IRF8 is a target of miR-451a in SLE

In the past decade, another important step toward understanding the pathogenesis of SLE was achieved, that is, the discovery of the role of the type I interferon (IFN) pathway [34]. The transcription of IFN is monitored by members of the IRF family, which in humans consists of nine distinct proteins [35]. IRF genes, including IRF5, IRF7, and IRF8, are important in the SLE pathogenesis [36]. IRF8 contributes to innate and adaptive immune responses, and common variants in the IRF8 gene are associated with susceptibility to SLE [37]. The association between IRF8 and SLE was corroborated in European populations [38] and in the Han Chinese population [39]. In our experiments, IRF8 was highly expressed in immune organs but was inhibited in SLE mice. IRF8 functions as a strong repressor of BAFF expression in B cells [40], and increased BAFF levels have been suggested to play a role in SLE [41]. miR-451a is located on chromosome 17q11.2 and exerts a tumor suppressive role by targeting MIF, c-MYC, and AKT1 [42]. However, the target of miR-451a in SLE development is unclear. In our study, miR-451a directly negatively regulated the expression of IRF8 in SLE, thus providing a new miR-451a target for SLE therapy.
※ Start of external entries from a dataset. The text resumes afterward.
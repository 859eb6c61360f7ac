-- ===== src/Storage/Sync/Recovery.antt =====
-- src/main.rs, `sync_partitions`: what a node has after a resync.
use stage.Prelude.{
  ℕ, ◌≡◌, refl, ◌∙◌, ap, true, false, none, some, List, [], ◌∷◌, ◌++◌, Str, ◌==◌, ==_iff, nat_eq,
  str_eq, keep, In, if◌then◌else◌, Option-cases, inl, inr, arith,
}
use stage.DashMap.{DashMap}
use stage.Effects.{Result, ok, err, Wire}
use stage.Membership.Types.{NodeId, Node}
use stage.Membership.Service.{get_member}
use stage.Site.{Site, me, owners_of, source_owner}
use stage.Storage.Partitioner.{is_first}
use stage.Storage.Protocol.{Format, Request, Response, partition_dump}
use stage.Storage.Memory.{
  Store, has_partition, dump_partition, apply_partition_entries, lookup, fetch_partition,
}
use stage.Storage.Memory.Local.{or_else, lookup-apply_dump, lookup-apply_last}
use stage.Storage.Memory.Frames.{fetch_partition-Spares}
use stage.Storage.Handlers.{handle_partition_dump, dump_answer}
use stage.Storage.Handlers.Serving.{RoundTrips, is_written, fetch_partition-handle_partition_dump}
use stage.Storage.Sync.{resync, sync_partition, sync_each}

module _ (dm : DashMap) {K V : Type 0} (f : Format K V) where
  resync_ok :
      (p : ℕ) (l : List (K × V)) (s : Store dm K V) (log : List Request)
      → resync dm f p (ok l, (s, log)) ≡ (apply_partition_entries dm f s p l, log)
  unfolding resync apply_partition_entries
  resync_ok p [] s log = refl
  resync_ok p (x ∷ l) s log = refl

  keep_written :
      ((v : V) → (json : Str) × (f.to_json v ≡ some json))
      → (l : List (K × V)) → keep (λ x. is_written f x.1) l ≡ l
  keep_written total [] = refl
  keep_written total ((k, v) ∷ l) =
      let (json, e) = total v in rw (e, is_written) (ap (◌∷◌ (k, v)) (keep_written total l))

  module _ (site : Site dm) (base : Str) (w : Wire Request Response) where
    -- A primary that has data for a partition does not resync it.
    pub sync_partition_primary :
        (p : ℕ) (s : Store dm K V) (log : List Request)
        → is_first (me dm site) (owners_of dm site p) ≡ true
        → has_partition dm f s p ≡ true
        → sync_partition dm f site base w p (s, log) ≡ (s, log)
    unfolding sync_partition source_owner is_first
    sync_partition_primary p s log first held =
        rw (held, sync_partition) (rw (skips (owners_of dm site p) first))
      where
        skips :
            (owners : List NodeId)
            → is_first (me dm site) owners ≡ true
            → source_owner dm site owners true ≡ none
        skips [] h = refl
        skips (o ∷ []) h = rw h
        skips (o ∷ b ∷ os) h = rw h

    -- A resync of a partition whose source answers the first request, with the shard `remote`:
    -- every key of the partition that the source has is then found here with the source's value,
    -- and every other key as before. Keys and values are read as they were written, and every
    -- value can be written.
    pub lookup-sync_partition :
        (p : ℕ) (owner : NodeId) (node : Node) (remote s : Store dm K V) (log : List Request)
        (p' : ℕ) (k : K)
        → RoundTrips f
        → ((v : V) → (json : Str) × (f.to_json v ≡ some json))
        → source_owner dm site (owners_of dm site p) (has_partition dm f s p) ≡ some owner
        → get_member dm site.membership owner ≡ some node
        → w.answer log (node.http_addr, base, partition_dump p)
          ≡ some (dump_answer (handle_partition_dump dm f remote p))
        → lookup dm f (sync_partition dm f site base w p (s, log)).0 p' k ≡ (
            if p == p'
            then or_else (lookup dm f remote p k) (lookup dm f s p' k)
            else lookup dm f s p' k)
    unfolding sync_partition
    lookup-sync_partition p owner node remote s log p' k rt total source known reached =
        let dump = dump_partition dm f remote p in
        let sent = log ++ (node.http_addr, base, partition_dump p) ∷ [] in
        let fetched : fetch_partition dm f site base w owner p (s, log) ≡ (ok dump, (s, sent)) =
          fetch_partition-handle_partition_dump dm f rt site base w owner node p remote s log known
            reached
          ∙ rw (keep_written total dump) in
        let outcome : sync_partition dm f site base w p (s, log)
            ≡ (apply_partition_entries dm f s p dump, sent) =
          rw (source, sync_partition) (rw fetched (resync_ok p dump s sent)) in
        rw outcome (lookup-apply_dump dm f remote s p p' k)

    resync-other :
        (p p' : ℕ) (k : K) (s : Store dm K V)
        (r : Result (List (K × V)) × (Store dm K V × List Request))
        → (p == p') ≡ false
        → r.1.0 ≡ s
        → lookup dm f (resync dm f p r).0 p' k ≡ lookup dm f s p' k
    unfolding resync
    resync-other p p' k s (ok [], t) other same = rw same
    resync-other p p' k s (err e, t) other same = rw same
    resync-other p p' k s (ok (x ∷ l), (t, log)) other same =
        lookup-apply_last dm f t p (x ∷ l) p' k ∙ rw other (rw same)

    sync_partition-other :
        (p p' : ℕ) (k : K) (s : Store dm K V) (log : List Request)
        → (p == p') ≡ false
        → lookup dm f (sync_partition dm f site base w p (s, log)).0 p' k ≡ lookup dm f s p' k
    unfolding sync_partition
    sync_partition-other p p' k s log other =
        elim (Option-cases (source_owner dm site (owners_of dm site p) (has_partition dm f s p))) [
          | inl e ↦ rw (e, sync_partition)
          | inr (o, e) ↦
              rw (e, sync_partition)
                (resync-other p p' k s (fetch_partition dm f site base w o p (s, log)) other
                  ((fetch_partition-Spares dm f site base w (λ t. t) o p).at s log))
        ]

    -- A round over some partitions leaves every other partition alone, whatever the network does.
    pub sync_each-other :
        (ps : List ℕ) (p : ℕ) (k : K) (s : Store dm K V) (log : List Request)
        → ¬ In p ps
        → lookup dm f (sync_each dm f site base w ps (s, log)).0 p k ≡ lookup dm f s p k
    unfolding sync_each
    sync_each-other [] p k s log out = refl
    sync_each-other (q ∷ ps) p k s log out =
        let t = sync_partition dm f site base w q (s, log) in
        sync_each-other ps p k t.0 t.1 (λ i. out (inr i))
        ∙ sync_partition-other q p k s log (ground (arith, ==_iff q p, out))
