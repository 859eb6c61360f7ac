-- ===== src/Tests.antt =====
-- Concrete nodes, services, sites and tasks, on which the tests run the models.
mod Cluster
mod Ring
mod Shards
mod Queue
mod Peers
mod Tasks
mod Workers
mod Texts
mod Books
mod Rounds
mod Gossip
mod Routing
mod Startup
mod Starts
use stage.Prelude.{
  ℕ, zero, suc, ◌≡◌, ◌<◌, Option, none, some, List, [], ◌∷◌, Str, str, length, arith, ==_iff,
  str_eq, map,
}
use stage.DashMap.{DashMap}
use stage.Assoc.{assoc}
use stage.Membership.Types.{
  NodeId, SocketAddr, NodeState, alive, suspect, dead, Node, GossipMessage, ping, ack, join,
  suspects, alives, Codec, http_addr_of,
}
use stage.Membership.Service.{Service}
use stage.Membership.Nodes.{WellKeyed}
use stage.Storage.Partitioner.{PartitionManager, new_with_replication, Hasher}
use stage.Effects.{Wire}
use stage.Storage.Protocol.{Format, Request, Response}
use stage.Storage.Memory.{Store}
use stage.Site.{Site}

abbrev pub ann : NodeId
ann = str "ann"

abbrev pub bob : NodeId
bob = str "bob"

abbrev pub addr : ℕ → SocketAddr
addr port = record { ip = 1; port = port }

abbrev pub node : NodeId → NodeState → ℕ → Option ℕ → Node
node id state incarnation seen = record {
  id = id;
  gossip_addr = addr 5000;
  http_addr = addr 6000;
  state = state;
  incarnation = incarnation;
  last_seen = seen;
}

-- A service that knows itself and, with `more`, other nodes.
abbrev pub service : Node → ℕ → List (NodeId × Node) → Service assoc
service n incarnation more = record {
  local_node = n;
  members =
      assoc.insert ⦃e = str_eq⦄
        (elim more [ [] ↦ assoc.empty | x ∷ _ ↦ assoc.insert ⦃e = str_eq⦄ assoc.empty x.0 x.1 ])
        n.id n;
  incarnation = incarnation;
}

-- A serialisation that refuses member lists.
abbrev serialize : GossipMessage → Option Str
serialize (ping id i) = some (0 ∷ i ∷ id)
serialize (suspects id i) = some (1 ∷ i ∷ id)
serialize (alives id i) = some (2 ∷ i ∷ id)
serialize (ack id i ns) = none
serialize (join n) = none

abbrev deserialize : Str → Option GossipMessage
deserialize [] = none
deserialize (tag ∷ []) = none
deserialize (zero ∷ i ∷ id) = some (ping id i)
deserialize (suc zero ∷ i ∷ id) = some (suspects id i)
deserialize (suc (suc tag) ∷ i ∷ id) = some (alives id i)

abbrev pub codec : Codec
codec = record {
  serialize = serialize;
  deserialize = deserialize;
  deserialize-serialize = λ m b h. ground arith;
}

abbrev pub alone : Service assoc
alone = service (node ann alive 1 (some 0)) 1 []

abbrev pub pair : Service assoc
pair = service (node ann alive 1 (some 0)) 1 ((bob, node bob alive 1 (some 0)) ∷ [])

abbrev pub length_hash : Hasher
length_hash key = length key

abbrev pub site : Site assoc
site = record { membership = alone; partitioner = new_with_replication 2; hash = length_hash }

pub alone-WellKeyed : WellKeyed assoc alone
alone-WellKeyed k n h = ground (arith, ==_iff ann k)

pub pair-WellKeyed : WellKeyed assoc pair
pair-WellKeyed k n h = ground (arith, ==_iff ann k, ==_iff bob k)

-- Texts as keys and values.
abbrev pub texts : Format Str Str
texts = record {
  key_eq = str_eq;
  to_string = λ k. k;
  parse = λ k. some k;
  to_json = λ v. some v;
  from_json = λ v. some v;
}

abbrev pub empty_store : Store assoc Str Str
empty_store = record { local_data = assoc.empty; processed_ops = assoc.empty }

abbrev pub key : Str
key = str "key"

abbrev pub old : Str
old = str "old"

-- A network that answers nothing.
abbrev pub down : Wire Request Response
down = record { answer = λ log q. none; random = λ n. n }
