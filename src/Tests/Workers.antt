-- ===== src/Tests/Workers.antt =====
-- Runs of the worker, of the queue's resync and of its endpoints.
use stage.Prelude.{ℕ, ◌≡◌, ◌≢◌, inl, inr, refl, none, some, [], ◌∷◌, str, str_eq, nat_eq}
use stage.Assoc.{assoc}
use stage.Effects.{Wire}
use stage.Membership.Service.{get_alive_members}
use stage.Storage.Partitioner.{get_owners, get_partition, is_first, my_primary_partitions}
use stage.Site.{Site, partition_of}
use stage.Executor.Types.{TaskId, Task, execute, TaskEntry, Request, Response, pending}
use stage.Executor.Queue.{
  Tasks, get_task_local, status_of_result, my_pending_tasks, available_of, is_available,
  try_claim_task,
}
use stage.Executor.Queue.Claims.{renew}
use stage.Executor.Routing.{my_tasks}
use stage.Executor.Sync.{sync_queue_partitions}
use stage.Executor.Sync.Retention.{sync_queue_partitions_keeps}
use stage.Executor.Worker.{TaskHandlerRegistry, execute_task, claim_first, worker_round}
use stage.Executor.Worker.Completion.{worker_round_lem}
use stage.Executor.Worker.Progress.{worker_round_progress}
use stage.Tests.{alone, length_hash}

-- A node that is alone, with four partitions.
abbrev pub small_site : Site assoc
small_site = record {
  membership = alone;
  partitioner = record { num_partitions = 4; replication_factor = 2 };
  hash = length_hash;
}

abbrev job : TaskId
job = str "job"

abbrev echo : Task
echo = execute (str "echo") []

abbrev echoed : TaskEntry
echoed = record {
  task = echo;
  status = pending;
  assigned_to = none;
  created_at = 4;
  lease_expires = none;
}

abbrev queued : Tasks assoc
queued = assoc.insert assoc.empty 3 (assoc.insert assoc.empty job echoed)

abbrev handlers : TaskHandlerRegistry assoc
handlers = assoc.insert assoc.empty (str "echo") (λ task. none)

abbrev silent : Wire Request Response
silent = record { answer = λ log q. none; random = λ n. n }

abbrev clock : ℕ → ℕ
clock i = i

worker_round_lem_example :
    (e : TaskEntry) × (get_task_local assoc
        (worker_round assoc small_site handlers 5 clock (renew 9 3 job ∷ []) queued).0
        (partition_of assoc small_site job)
        job
      ≡ some e)
    × (e.status ≡ status_of_result (execute_task assoc handlers echo))
    × (e.lease_expires ≡ none)
unfolding worker_round claim_first my_tasks my_pending_tasks available_of is_available
    try_claim_task my_primary_partitions is_first get_owners get_alive_members get_partition
worker_round_lem_example =
    worker_round_lem assoc small_site handlers 5 clock (renew 9 3 job ∷ []) queued
      (worker_round assoc small_site handlers 5 clock (renew 9 3 job ∷ []) queued).0 job echo refl

worker_round_progress_example : (worker_round assoc small_site handlers 5 clock [] queued).1 ≢ none
unfolding get_task_local my_primary_partitions is_first get_owners get_alive_members get_partition
worker_round_progress_example =
    worker_round_progress assoc small_site handlers 5 clock [] queued job echoed
      (inr (inr (inr (inl refl)))) refl refl

sync_queue_partitions_keeps_example :
    get_task_local assoc
      (sync_queue_partitions assoc small_site silent (λ ps. ps) (queued, [])).0
      3
      job
    ≡ some echoed
unfolding get_task_local
sync_queue_partitions_keeps_example =
    sync_queue_partitions_keeps assoc small_site silent (λ ps. ps) queued [] 3 job echoed refl
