-- ===== src/Tests/Texts.antt =====
-- ASCII texts, and a node that is alone with a book on its shelf.
use stage.Prelude.{
  ℕ, ◌+◌, ◌%◌, ◌≡◌, ◌≢◌, refl, Bool, true, false, not, ◌&&◌, none, some, [], ◌∷◌, Str, str, str_eq,
  nat_eq, In, All, arith, keep, any, is_empty, In-keep_iff,
}
use stage.Assoc.{assoc}
use stage.Site.{IsAlone}
use stage.Membership.Service.{get_alive_members}
use stage.Storage.Partitioner.{get_owners, owners_among, ring}
use stage.Storage.Sort.{sort_ids}
use stage.Storage.Protocol.{Format}
use stage.Storage.Memory.{Store}
use stage.Text.{Unicode, Regex, is_lower, is_upper, is_letter, split_whitespace}
use stage.Text.Edges.{In-split_whitespace}
use stage.App.{App, Setting, Formats}
use stage.Search.Types.{BookMetadata}
use stage.Ingestion.Types.{RawDocument}
use stage.Tests.{down}
use stage.Tests.Workers.{small_site}

-- ASCII only.
abbrev pub lower_char : ℕ → ℕ
lower_char c = elim (is_upper c) [ true ↦ c + 32 | false ↦ c ]

abbrev pub lower : Str → Str
lower [] = []
lower (c ∷ s) = lower_char c ∷ lower s

pub lower_of_lower : (s : Str) → All (λ c. is_lower c ≡ true) s → lower s ≡ s
lower_of_lower [] h = refl
lower_of_lower (c ∷ s) h = ground (arith, h, lower_of_lower s)

pub lower_no_upper : (s : Str) (c : ℕ) → In c (lower s) → is_upper c ≡ false
lower_no_upper [] c i = elim i [ ]
lower_no_upper (a ∷ s) c i = ground (arith, i, lower_no_upper s c)

pub letter_of_lower : (c : ℕ) → is_lower c ≡ true → is_letter c ≡ true
letter_of_lower c h = ground (arith, h)

abbrev pub ascii : Unicode
ascii = record {
  to_lowercase = lower;
  is_alphanumeric = λ c. is_letter c;
  to_lowercase_lower = lower_of_lower;
  to_lowercase_upper = lower_no_upper;
  is_alphanumeric_lower = letter_of_lower;
}

-- Words between white space.
abbrev pub is_word : Str → Bool
is_word w = not (is_empty w) && not (any (λ c. not (is_letter c)) w)

pub letters_of :
    (w : Str) → any (λ c. not (is_letter c)) w ≡ false → All (λ c. is_letter c ≡ true) w
letters_of [] h = tt
letters_of (c ∷ w) h = ground (arith, h, letters_of w)

pub word_letters : (w : Str) → is_word w ≡ true → (w ≢ []) × All (λ c. is_letter c ≡ true) w
word_letters [] h = absurd (ground (arith, h))
word_letters (c ∷ w) h = (λ e. ground (arith, e), letters_of (c ∷ w) (ground (arith, h)))

abbrev pub spaced : Regex
spaced = record {
  find_words = λ s. keep is_word (split_whitespace s);
  capture_year = λ s. none;
  find_words_letters = λ s w i. word_letters w ((In-keep_iff is_word w (split_whitespace s)).0 i).1;
  find_words_of =
      λ s w c i j. In-split_whitespace s w c ((In-keep_iff is_word w (split_whitespace s)).0 i).0 j;
}

-- Values that nothing is sent of.
abbrev pub unsent : {V : Type 0} → Format Str V
unsent = record {
  key_eq = str_eq;
  to_string = λ k. k;
  parse = λ k. some k;
  to_json = λ v. none;
  from_json = λ s. none;
}

abbrev pub formats : Formats
formats = record {
  books = unsent;
  datalake = unsent;
  index = unsent;
  to_payload = λ p. p.book_id;
  from_payload = λ s. some (record { book_id = s });
  from_payload-to_payload = λ p. refl;
}

abbrev pub setting : Setting assoc
setting = record {
  site = small_site;
  formats = formats;
  wire = down;
  task_wire = record { answer = λ log q. none; random = λ n. n };
  unicode = ascii;
  regex = spaced;
}

abbrev pub empty_app : App assoc
empty_app = record {
  books = record { local_data = assoc.empty; processed_ops = assoc.empty };
  datalake = record { local_data = assoc.empty; processed_ops = assoc.empty };
  index = record { local_data = assoc.empty; processed_ops = assoc.empty };
  tasks = assoc.empty;
  task_log = [];
}

pub small_site-IsAlone : IsAlone assoc small_site
unfolding get_owners owners_among ring sort_ids get_alive_members
small_site-IsAlone p = let e : (p % 1 + 0) % 1 ≡ 0 = omega arith in rw e refl

abbrev pub emma : Str
emma = str "158"

abbrev pub document : RawDocument
document = record { book_id = emma; header = []; body = str "Rust lang"; source_url = [] }

abbrev pub metadata : BookMetadata
metadata = record {
  book_id = emma;
  title = str "Emma";
  author = str "Austen";
  language = str "en";
  year = none;
  word_count = 2;
  unique_words = 2;
}

abbrev pub shelf : {V : Type 0} → V → Store assoc Str V
shelf v = record {
  local_data = assoc.insert assoc.empty 3 (assoc.insert assoc.empty emma v);
  processed_ops = assoc.empty;
}

-- The document and its metadata are stored.
abbrev pub shelved : App assoc
shelved = record empty_app { books = shelf metadata; datalake = shelf document }
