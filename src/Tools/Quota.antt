-- ===== src/Tools/Quota.antt =====
-- `applyStartOptions` of core/tools/input.go and `allocateCallQuotas` of core/tools/limits.go: what a
-- batch may put out, and the share of each call. The fields of the limits are normalized.
pub mod Shares
pub use serpe.Base.{ok, err, ◌>>=◌}
use serpe.Base.{
  Fallible, max_int64, ℕ, zero, suc, ◌+◌, ◌-◌, ◌*◌, ◌/◌, ◌%◌, ◌^◌, ltb, Bool, true, false, ◌||◌,
  Option, none, some, List, [], ◌∷◌, ◌==◌, if◌then◌else◌, ℤ, pos, negsuc, nat_eq,
}
use serpe.Tools.Limits.{OutputLimits}

abbrev pub per_call_error_reserve : ℕ
per_call_error_reserve = 1024

pub data QuotaError : Type 0 where
  nil_option repeated_option option_not_positive raises_limit reserve_too_small : QuotaError
  empty_batch reserve_overflow : QuotaError

abbrev pub Result {ℓ} : Type ℓ → Type ℓ
Result A = Fallible QuotaError A

-- `mul64` on numbers that are not negative.
unfoldable pub mul64 : ℕ → ℕ → Option ℕ
mul64 a b =
    if a == 0 || b == 0 then some 0 else if ltb (max_int64 / b) a then none else some (a * b)

-- The loop over the options, where `none` is a nil one, and `maxBatchFramedOption.apply`.
unfoldable pub apply_options : List (Option ℤ) → Option ℕ → Result (Option ℕ)
apply_options [] max_batch_framed = ok max_batch_framed
apply_options (none ∷ opts) max_batch_framed = err nil_option
apply_options (some v ∷ opts) (some _) = err repeated_option
apply_options (some (negsuc n) ∷ opts) none = err option_not_positive
apply_options (some (pos n) ∷ opts) none =
    let rest = apply_options opts (some n) in if n == 0 then err option_not_positive else rest

unfoldable pub tighten : Option ℕ → OutputLimits ℕ → Result (OutputLimits ℕ)
tighten none base = ok base
tighten (some n) base =
    if ltb base.max_batch_framed_bytes n
    then err raises_limit
    else ok (record base { max_batch_framed_bytes = n })

-- The test at the end of `applyStartOptions`.
unfoldable pub check_reserve : ℕ → OutputLimits ℕ → Result (OutputLimits ℕ)
unfolding mul64
check_reserve calls limits = elim (mul64 calls per_call_error_reserve) [
  | none ↦ err reserve_too_small
  | some need ↦ if ltb limits.max_batch_framed_bytes need then err reserve_too_small else ok limits
]

unfoldable pub apply_start_options : List (Option ℤ) → OutputLimits ℕ → ℕ → Result (OutputLimits ℕ)
unfolding apply_options tighten check_reserve
apply_start_options opts base calls = apply_options opts none >>= λ max_batch_framed.
    tighten max_batch_framed base >>= λ limits. check_reserve calls limits

unfoldable pub share_of : OutputLimits ℕ → ℕ → ℕ → ℕ
share_of batch n i =
    let base = batch.max_batch_framed_bytes / n in
    let share = if ltb i (batch.max_batch_framed_bytes % n) then base + 1 else base in
    if ltb batch.max_framed_bytes share then batch.max_framed_bytes else share

-- The loop of `allocateCallQuotas` from call `i`, with `left` calls to go of `n`.
unfoldable pub call_quotas : OutputLimits ℕ → ℕ → ℕ → ℕ → List (OutputLimits ℕ)
unfolding share_of
call_quotas batch n i zero = []
call_quotas batch n i (suc left) =
    record batch { max_framed_bytes = share_of batch n i } ∷ call_quotas batch n (suc i) left

-- `allocateCallQuotas` for a batch that is not empty.
unfoldable pub reserve_quotas : OutputLimits ℕ → ℕ → Result (List (OutputLimits ℕ))
unfolding mul64 call_quotas
reserve_quotas batch n = elim (mul64 n per_call_error_reserve) [
  | none ↦ err reserve_overflow
  | some need ↦
      if ltb batch.max_batch_framed_bytes need
      then err reserve_too_small
      else ok (call_quotas batch n 0 n)
]

unfoldable pub allocate_call_quotas : OutputLimits ℕ → ℕ → Result (List (OutputLimits ℕ))
unfolding reserve_quotas
allocate_call_quotas batch n = if n == 0 then err empty_batch else reserve_quotas batch n

-- What `Start` does with the options of a batch of `calls` calls.
unfoldable pub start_quotas : List (Option ℤ) → OutputLimits ℕ → ℕ → Result (List (OutputLimits ℕ))
unfolding apply_start_options allocate_call_quotas
start_quotas opts base calls =
    apply_start_options opts base calls >>= λ limits. allocate_call_quotas limits calls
These data provide new evidence that IRF8 is associated with SLE. However, more experiments are needed to determine the molecular mechanism by which such association occurs.

CONCLUSION

The knockout of miR-451a affected the enlargement of the spleen, reduced the urine protein content and immune complex deposits, and decreased the ratio of CD4+CD69+ and CD4+/CD8+ T cells. IRF8 was highly expressed in immune organs but was suppressed in SLE mice. A dual-luciferase reporter assay showed that IRF8 was a target of miR-451a. The data indicated the function of miR-451a in SLE and showed a new direct target of miR-451a, thus providing a new target in SLE therapy.